Hockey

Fleury tell-all book chronicles sexual abuse

Former NHL great Theoren Fleury is set to release a book next week that reveals he was sexually abused by junior hockey coach Graham James in the 1980s.

Playing with Fire delves into the retired hockey star's troubled past

Former NHL great Theoren Fleury is set to release a book next week that reveals he was sexually abused by junior hockey coach Graham James in the 1980s.

The new tell-all book, Playing with Fire, by the former Calgary Flames captain is to be released Wednesday. It delves into the 41-year-old retired hockey player's past.

The Stanley Cup and Olympic gold-medal winner's problems with drinking, drugs and gambling were common knowledge, but his confessions of sexual abuse — alleged to have started in the summer of 1982, when James took Fleury and other boys on a trip to Disneyland, and to have continued for two years — is a new revelation.

The two met in the summer of 1981 when James was an instructor at a hockey school in Brandon, Man., when Fleury was 13.

Two years later, James drafted Fleury to play with a midget team in Winnipeg he coached. In the book, Fleury tells of how James insisted he sleep at his house two nights a week over a two-year period that included the player's rookie season in 1984 with Moose Jaw of the Western Hockey League.

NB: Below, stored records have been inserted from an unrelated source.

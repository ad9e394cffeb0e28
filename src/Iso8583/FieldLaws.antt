-- ===== src/Iso8583/FieldLaws.antt =====
-- Lemmas on one field of app/iso8583.py, encoded under a valid spec and decoded.
use mathlib.Core.List.{append_assoc}
use atlas_pay.Prelude.{
  Bool-cases, length, slice, all, length-append, slice-middle, ok, >>=-eq-ok, Bytes, is_digit_byte,
  is_ascii_digits, ℕ, ◌+◌, ◌^◌, ◌≤◌, ◌<◌, ◌≡◌, refl, sym, ap, ◌∙◌, inl, inr, true, false, [], ◌∷◌,
  ◌++◌, arith,
}
use atlas_pay.Prelude.Decimal.{
  format_padded, parse_decimal, parse_decimal-format_padded, length-format_padded,
  format_padded-digits,
}
use atlas_pay.Iso8583.Spec.{
  DataType, LengthType, FieldValue, FieldSpec, make_spec, length_prefix_width,
}
use atlas_pay.Iso8583.Field.{
  coerce_value, coerce_decoded, is_fixed, frame_value, encode_field, read_length, read_value,
  decode_field,
}

-- The spec passes its own `__post_init__`.
abbrev pub IsValidSpec : FieldSpec → Type 0
IsValidSpec s = make_spec s ≡ ok s

-- A value that was accepted for encoding is accepted, unchanged, for decoding.
coerce_decoded-coerce_value :
    (t : DataType) (v : FieldValue) (body : Bytes)
    → coerce_value t v ≡ ok body
    → coerce_decoded t body ≡ ok v
unfolding coerce_value coerce_decoded
coerce_decoded-coerce_value t v body h = ground arith

prefix_fits :
    (s : FieldSpec) (size : ℕ)
    → IsValidSpec s
    → is_fixed s.length_type ≡ false
    → size ≤ s.max_length
    → size < 10 ^ length_prefix_width s.length_type
unfolding make_spec is_fixed length_prefix_width
prefix_fits s size v f h = ground arith

prefix_width : (t : LengthType) → is_fixed t ≡ false → 1 ≤ length_prefix_width t
unfolding is_fixed length_prefix_width
prefix_width t f = ground arith

frame_fixed :
    (s : FieldSpec) (body raw : Bytes)
    → is_fixed s.length_type ≡ true
    → frame_value s body ≡ ok raw
    → (raw ≡ body) × (length body ≡ s.max_length)
unfolding frame_value
frame_fixed s body raw f h = ground arith

frame_variable :
    (s : FieldSpec) (body raw : Bytes)
    → is_fixed s.length_type ≡ false
    → frame_value s body ≡ ok raw
    → (raw ≡ format_padded (length_prefix_width s.length_type) (length body) ++ body)
      × (s.min_length ≤ length body)
      × (length body ≤ s.max_length)
unfolding frame_value
frame_variable s body raw f h = ground arith

-- Reading the value of a known length behind `pre`.
read_value_at :
    (s : FieldSpec) (v : FieldValue) (body pre rest : Bytes) (at : ℕ)
    → coerce_value s.data_type v ≡ ok body
    → at ≡ length pre
    → read_value s (pre ++ (body ++ rest)) (length body, at) ≡ ok (v, at + length body)
unfolding read_value
read_value_at s v body pre rest at c e = ground (
  arith,
  coerce_decoded-coerce_value s.data_type v body c,
  slice-middle pre body rest at (at + length body) e (omega arith),
  length-append pre (body ++ rest),
  length-append body rest,
)

pub digits_are_ascii :
    (digits : Bytes)
    → 1 ≤ length digits
    → all is_digit_byte digits ≡ true
    → is_ascii_digits digits ≡ true
unfolding is_ascii_digits
digits_are_ascii [] h d = absurd (omega arith)
digits_are_ascii (c ∷ cs) h d = d

read_digits :
    (s : FieldSpec) (size offset : ℕ) (payload digits : Bytes)
    → is_fixed s.length_type ≡ false
    → s.min_length ≤ size
    → size ≤ s.max_length
    → slice payload offset (offset + length_prefix_width s.length_type) ≡ digits
    → is_ascii_digits digits ≡ true
    → parse_decimal digits ≡ size
    → offset + length_prefix_width s.length_type ≤ length payload
    → read_length s payload offset ≡ ok (size, offset + length_prefix_width s.length_type)
unfolding read_length
read_digits s size offset payload digits f lo hi cut ascii parsed room = ground arith

read_prefix :
    (s : FieldSpec) (size : ℕ) (pre rest : Bytes)
    → IsValidSpec s
    → is_fixed s.length_type ≡ false
    → s.min_length ≤ size
    → size ≤ s.max_length
    → read_length s
        (pre ++ (format_padded (length_prefix_width s.length_type) size ++ rest))
        (length pre)
      ≡ ok (size, length pre + length_prefix_width s.length_type)
read_prefix s size pre rest v f lo hi =
    let w = length_prefix_width s.length_type in
    let p = format_padded w size in
    let fits : size < 10 ^ w = prefix_fits s size v f hi in
    let width : length p ≡ w = length-format_padded w size fits in
    read_digits s size (length pre) (pre ++ (p ++ rest)) p f lo hi
      (slice-middle pre p rest (length pre) (length pre + w) refl (omega arith))
      (digits_are_ascii p (omega (arith, prefix_width s.length_type f))
        (format_padded-digits w size fits))
      (parse_decimal-format_padded w size fits)
      (omega (arith, length-append pre (p ++ rest), length-append p rest))

decode_by :
    (s : FieldSpec) (payload : Bytes) (offset : ℕ) (at : ℕ × ℕ)
    → read_length s payload offset ≡ ok at
    → decode_field s payload offset ≡ read_value s payload at
unfolding decode_field
decode_by s payload offset at h = rw h refl

read_fixed :
    (s : FieldSpec) (payload : Bytes) (offset : ℕ)
    → is_fixed s.length_type ≡ true
    → read_length s payload offset ≡ ok (s.max_length, offset)
unfolding read_length
read_fixed s payload offset f = rw f refl

module _ (s : FieldSpec) (v : FieldValue) (body pre rest : Bytes) (valid : IsValidSpec s)
    (coerced : coerce_value s.data_type v ≡ ok body) where
  fixed_round_trip :
      is_fixed s.length_type ≡ true
      → length body ≡ s.max_length
      → decode_field s (pre ++ (body ++ rest)) (length pre) ≡ ok (v, length pre + length body)
  fixed_round_trip f size =
      decode_by s _ _ _ (read_fixed s _ _ f)
      ∙ ap (λ n. read_value s (pre ++ (body ++ rest)) (n, length pre)) (sym size)
      ∙ read_value_at s v body pre rest (length pre) coerced refl

  variable_round_trip :
      is_fixed s.length_type ≡ false
      → s.min_length ≤ length body
      → length body ≤ s.max_length
      → let p = format_padded (length_prefix_width s.length_type) (length body) in
        decode_field s (pre ++ ((p ++ body) ++ rest)) (length pre)
        ≡ ok (v, length pre + length (p ++ body))
  variable_round_trip f lo hi =
      let w = length_prefix_width s.length_type in
      let p = format_padded w (length body) in
      let width : length p ≡ w =
        length-format_padded w (length body) (prefix_fits s (length body) valid f hi) in
      let front : length (pre ++ p) ≡ length pre + w =
        length-append pre p ∙ ap (λ n. length pre + n) width in
      let whole : length pre + w + length body ≡ length pre + length (p ++ body) =
        omega (arith, length-append p body) in
      rw (append_assoc p body rest) (
        decode_by s _ _ _ (read_prefix s (length body) pre (body ++ rest) valid f lo hi)
        ∙ ap (λ l. read_value s l (length body, length pre + w))
            (sym (append_assoc pre p (body ++ rest)))
        ∙ read_value_at s v body (pre ++ p) rest (length pre + w) coerced (sym front)
        ∙ ap (λ n. ok (v, n)) whole)

-- An encoded field is read back at its offset, and the next field starts behind it.
pub decode_field-encode_field :
    (s : FieldSpec) (v : FieldValue) (raw pre rest : Bytes)
    → IsValidSpec s
    → encode_field s v ≡ ok raw
    → decode_field s (pre ++ (raw ++ rest)) (length pre) ≡ ok (v, length pre + length raw)
unfolding encode_field
decode_field-encode_field s v raw pre rest valid h =
    let (body, coerced, framed) = >>=-eq-ok (coerce_value s.data_type v) (frame_value s) h in
    elim (Bool-cases (is_fixed s.length_type)) [
      | inl f ↦
          let (e, size) = frame_fixed s body raw f framed in
          rw e (fixed_round_trip s v body pre rest valid coerced f size)
      | inr f ↦
          let (e, lo, hi) = frame_variable s body raw f framed in
          rw e (variable_round_trip s v body pre rest valid coerced f lo hi)
    ]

Fleury told CBC's The Fifth Estate, in an interview to air on Oct. 16, that he doesn't want to become the poster boy for abuse by James, but spoke out so others with similar stories would feel comfortable coming forward.

Fleury speaks out

The Fifth Estate's  Bob McKeown will air a one-hour interview on CBC-TV with Theoren Fleury on Oct. 16.

"You try to understand, you know, what's going on but you know, you're so afraid, you know. You're so afraid that, you know, if I tell somebody what's going to happen to my hockey career, you know what I mean," Fleury said.

"Because I was so focused on, on you know, getting out of Russell [Manitoba], you know. I was so focused on that that I was probably willing to do whatever it took to, you know, to make it.

"And ah yeah, it was a scary time, scary time. And you know, very confused about the whole situation," Fleury said.

Father had suspicions

Wally Fleury, the former player's father, told CBC News he suspected something was wrong with his son, and that the boy was struggling with drug and alcohol abuse, but he never knew why.

"He never mentioned anything about Graham James, but through Sheldon Kennedy, we knew he had to be involved too," said Wally Fleury, who still lives in Russell.

James received a 3½-year prison sentence in 1997 after pleading guilty to sexually abusing two players — former National Hockey League forward Sheldon Kennedy and another, unnamed plaintiff.

Fleury, who played 16 seasons in the NHL with the Colorado Avalanche, New York Rangers, Chicago Blackhawks and Flames, will tell his story on CBC Television's The Hour on Thursday.